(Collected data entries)
[Start of Attachment]
-- ===== src/Taiconv/Main.antt =====
-- The command line and main of srvctl/src/taiconv.c.
use ngim.Base.{ℕ, Bool, true, Option, none, some, List, [], ◌∷◌, ◌&&◌, has, if◌then◌else◌}
use ngim.Cmdline.{Str, Param, Parsed, Result, failure, index, cmdline_parse}
use ngim.Priv.{Process, Host, dropped, failed, died, priv_none, priv_drop}
use ngim.Priv
use ngim.Tai.Apr.{AprTime}
use ngim.Taiconv.{Clock}
use ngim.Taiconv.Read.{convert_read_all, convert_read_nrm}
use ngim.Taiconv.Mmap.{convert_mmap_all, convert_mmap_nrm}

abbrev pub cmd_help : ℕ
cmd_help = 1

abbrev pub cmd_local : ℕ
cmd_local = 2

abbrev pub cmd_utc : ℕ
cmd_utc = 4

abbrev pub cmd_all : ℕ
cmd_all = 8

-- The number of the variable `arg_file`.
abbrev pub arg_file : ℕ
arg_file = 0

abbrev flag : Str → ℕ → Param
flag name cmd = record { name = name; cmd = cmd; arg = none }

-- "--local-time" and the other long names.
abbrev local_time : Str
local_time = b'-' ∷ b'-' ∷ b'l' ∷ b'o' ∷ b'c' ∷ b'a' ∷ b'l' ∷ b'-' ∷ b't' ∷ b'i' ∷ b'm' ∷ b'e' ∷ []

abbrev pub taiconv_params : List Param
taiconv_params =
    flag (b'-' ∷ b'-' ∷ b'h' ∷ b'e' ∷ b'l' ∷ b'p' ∷ []) cmd_help
    ∷ flag (b'-' ∷ b'h' ∷ []) cmd_help
    ∷ flag local_time cmd_local
    ∷ flag (b'-' ∷ b'l' ∷ []) cmd_local
    ∷ flag (b'-' ∷ b'-' ∷ b'u' ∷ b't' ∷ b'c' ∷ []) cmd_utc
    ∷ flag (b'-' ∷ b'u' ∷ []) cmd_utc
    ∷ flag (b'-' ∷ b'-' ∷ b'a' ∷ b'l' ∷ b'l' ∷ []) cmd_all
    ∷ flag (b'-' ∷ b'a' ∷ []) cmd_all
    ∷ []

abbrev pub taiconv_args : List ℕ
taiconv_args = arg_file ∷ []

-- The call of ngim_cmdline_parse, while `arg_file` is NULL.
unfoldable pub taiconv_parse : List Str → Result × Parsed
taiconv_parse argv = cmdline_parse argv true taiconv_params (some taiconv_args) (λ _. none)

-- What validate_cmdline leaves in `arg_func_format` and `arg_all`.
pub record Choice : Type 0 where
  pub utc : Bool
  pub all : Bool

-- validate_cmdline: `none` is a negative return value.
unfoldable pub validate_cmdline : ℕ → Option Choice
validate_cmdline selected =
    if has selected cmd_help
    then none
    else if has selected cmd_local && has selected cmd_utc
    then none
    else some (record { utc = has selected cmd_utc; all = has selected cmd_all })

-- APR's times and the two formats of libbase/lib/iso8601.c, which read APR's calendar.
pub record Formats : Type 1 where
  pub apr : AprTime
  pub utc_format : AprTime.Time apr → List ℕ
  pub local_format : AprTime.Time apr → List ℕ

abbrev pub clock_for : Formats → Choice → Clock
clock_for f choice = record {
  apr = f.apr;
  format = if choice.utc then f.utc_format else f.local_format;
}

-- An input: its bytes, whether each of the two functions can open it, and whether its size can be
-- read and it can be mapped to memory.
pub record Source : Type 0 where
  pub content : List ℕ
  pub mmap_opens : Bool
  pub read_opens : Bool
  pub mapped : Bool

pub record World : Type 0 where
  pub stdin : Source
  pub files : Str → Source
  pub host : Host
  pub process : Process

abbrev pub source_of : World → Option Str → Source
source_of w none = w.stdin
source_of w (some name) = w.files name

-- How the program ends: with its usage, without its input, while it drops its privileges, by an
-- assertion, or after it printed the bytes with these credentials.
pub data Outcome : Type 0 where
  usage unopened unprivileged aborted : Outcome
  printed : List ℕ → Process → Outcome

-- Standard input is open.
abbrev pub opens : Option Str → Bool → Bool
opens none can = true
opens (some name) can = can

unfoldable pub finish : Option (List ℕ) → Process → Outcome
finish none p = aborted
finish (some out) p = printed out p

-- "Drop unneeded privileges", and the conversion, also where they could not be dropped.
unfoldable pub if_dropped : Option (List ℕ) → Priv.Result → Outcome
unfolding finish
if_dropped converted (dropped p) = finish converted p
if_dropped converted (failed p) = finish converted p
if_dropped converted (died p) = unprivileged

module _ (clock : Clock) (all : Bool) (w : World) where
  unfoldable pub unprivileged_run : Option (List ℕ) → Outcome
  unfolding if_dropped priv_drop
  unprivileged_run converted = if_dropped converted (priv_drop w.host priv_none none none w.process)

  abbrev pub mmap_converted : List ℕ → Option (List ℕ)
  mmap_converted s = if all then convert_mmap_all clock s else convert_mmap_nrm clock s

  abbrev pub read_converted : List ℕ → Option (List ℕ)
  read_converted s = if all then convert_read_all clock s else convert_read_nrm clock s

  -- convert_mmap: `none` is the return value 0.
  unfoldable pub convert_mmap : Option Str → Option Outcome
  unfolding unprivileged_run
  convert_mmap file =
      let source = source_of w file in
      if opens file source.mmap_opens
      then if source.mapped then some (unprivileged_run (mmap_converted source.content)) else none
      else some unopened

  unfoldable pub convert_read : Option Str → Outcome
  unfolding unprivileged_run
  convert_read file =
      let source = source_of w file in
      if opens file source.read_opens
      then unprivileged_run (read_converted source.content)
      else unopened

  unfoldable pub or_read : Option Str → Option Outcome → Outcome
  unfolding convert_read
  or_read file none = convert_read file
  or_read file (some outcome) = outcome

unfoldable pub main_valid : Formats → World → Option Str → Option Choice → Outcome
unfolding or_read convert_mmap
main_valid f w file none = usage
main_valid f w file (some choice) =
    let clock = clock_for f choice in
    or_read clock choice.all w file (convert_mmap clock choice.all w file)

unfoldable pub main_parsed : Formats → World → Result × Parsed → Outcome
unfolding main_valid validate_cmdline
main_parsed f w (failure, parsed) = usage
main_parsed f w (index i, parsed) =
    main_valid f w (parsed.vars arg_file) (validate_cmdline parsed.selected)

-- main
unfoldable pub main : Formats → World → List Str → Outcome
unfolding main_parsed taiconv_parse
main f w argv = main_parsed f w (taiconv_parse argv)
[End of Attachment]
ACTIVITY :: Only the lines above from the one with "pub utc : Bool" through the one with "pub record Source : Type 0 where" should be duplicated, character for character.

RESPONSE BELOW ::
  pub utc : Bool
  pub all : Bool

-- validate_cmdline: `none` is a negative return value.
unfoldable pub validate_cmdline : ℕ → Option Choice
validate_cmdline selected =
    if has selected cmd_help
    then none
    else if has selected cmd_local && has selected cmd_utc
    then none
    else some (record { utc = has selected cmd_utc; all = has selected cmd_all })

-- APR's times and the two formats of libbase/lib/iso8601.c, which read APR's calendar.
pub record Formats : Type 1 where
  pub apr : AprTime
  pub utc_format : AprTime.Time apr → List ℕ
  pub local_format : AprTime.Time apr → List ℕ

abbrev pub clock_for : Formats → Choice → Clock
clock_for f choice = record {
  apr = f.apr;
  format = if choice.utc then f.utc_format else f.local_format;
}

-- An input: its bytes, whether each of the two functions can open it, and whether its size can be
-- read and it can be mapped to memory.
pub record Source : Type 0 where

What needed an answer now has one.